Lucía recogió el trapo.
No discutió.
No intentó convencerlos.
Comenzó a caminar hacia el pasillo de servicio.
Al pasar junto al botones, un muchacho llamado Álvaro, él inclinó la cabeza hacia ella.
Tenía apenas diecinueve años y llevaba menos de un mes trabajando en el hotel.
—No les haga caso —susurró—. Hacen mucho ruido porque por dentro están vacíos.
Lucía lo miró.
Por primera vez aquella mañana, su expresión se suavizó.
—Gracias, Álvaro.
El joven le abrió la puerta del pasillo.
Lucía estaba a punto de cruzarla cuando la voz del jeque volvió a escucharse.

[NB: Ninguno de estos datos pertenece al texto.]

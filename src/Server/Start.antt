-- ===== src/Server/Start.antt =====
-- central_server/main.cpp, main up to the threads that run the io_context. The log's level is left
-- out, and so is a thread that cannot be created.
pub mod Serving
use packet_distribution_syst.Prelude.{ℕ, suc, Bool, true, false, Option, none, some, [], ◌∷◌}
use packet_distribution_syst.Archive.{Bytes}
use packet_distribution_syst.Packets.Crypto.{Crypto}
use packet_distribution_syst.Files.{FileSystem}
use packet_distribution_syst.Common.ReadKey.{ReadKey, key, invalid_argument, Location, read_key}
use packet_distribution_syst.Server.Connections.{TcpServer, construct}

abbrev pub k_additional_threads : ℕ
k_additional_threads = 7

abbrev pub port : ℕ
port = 1234

abbrev pub private_key_pem : Bytes
private_key_pem =
    b'p' ∷ b'r' ∷ b'i' ∷ b'v' ∷ b'a' ∷ b't' ∷ b'e' ∷ b'-' ∷ b'k' ∷ b'e' ∷ b'y' ∷ b'.' ∷ b'p' ∷ b'e'
    ∷ b'm' ∷ []

-- How main ends, or what runs when it has started its threads.
pub data Started (FilePath Signer : Type 0) : Type 0 where
  -- An exception that main does not catch, of read_key or of the signer's constructor.
  uncaught_key : FilePath → Started FilePath Signer
  uncaught_signer : Started FilePath Signer
  -- `std::abort()`
  aborted : Started FilePath Signer
  -- The io_context runs on so many threads, main's among them.
  serving : Signer → TcpServer → ℕ → Started FilePath Signer

-- The constructors that main calls; `none` is an exception.
pub record Host (C : Crypto) : Type 0 where
  pub new_signer : Bytes → Option C.Signer
  -- Whether an acceptor can be opened on the port.
  pub listens : ℕ → Bool

module _ (C : Crypto) (F : FileSystem) (location : Location F.FilePath) (host : Host C) where
  -- The try block, by whether the acceptor opens.
  unfoldable pub create_server : C.Signer → Bool → Started F.FilePath C.Signer
  create_server signer true = serving signer construct (suc k_additional_threads)
  create_server signer false = aborted

  unfoldable pub with_signer : Option C.Signer → Started F.FilePath C.Signer
  unfolding create_server
  with_signer none = uncaught_signer
  with_signer (some signer) = create_server signer (host.listens port)

  unfoldable pub with_key : ReadKey F.FilePath → Started F.FilePath C.Signer
  unfolding with_signer
  with_key (invalid_argument path) = uncaught_key path
  with_key (key private_key) = with_signer (host.new_signer private_key)

  unfoldable pub main : F.State → Started F.FilePath C.Signer
  unfolding with_key
  main s = with_key (read_key F location s (F.path private_key_pem))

Pronunció una frase corta en aquel árabe antiguo.
Después añadió:
—Si de verdad comprendes, repite la frase siguiendo la forma poética de Hadramaut.
Nadie se movió.
El intérprete oficial del hotel miró su tableta.
Buscó algo con rapidez.
No encontró la respuesta.
Los asesores se observaron entre ellos.
Ni siquiera algunos de ellos sabían exactamente qué había pedido el jeque.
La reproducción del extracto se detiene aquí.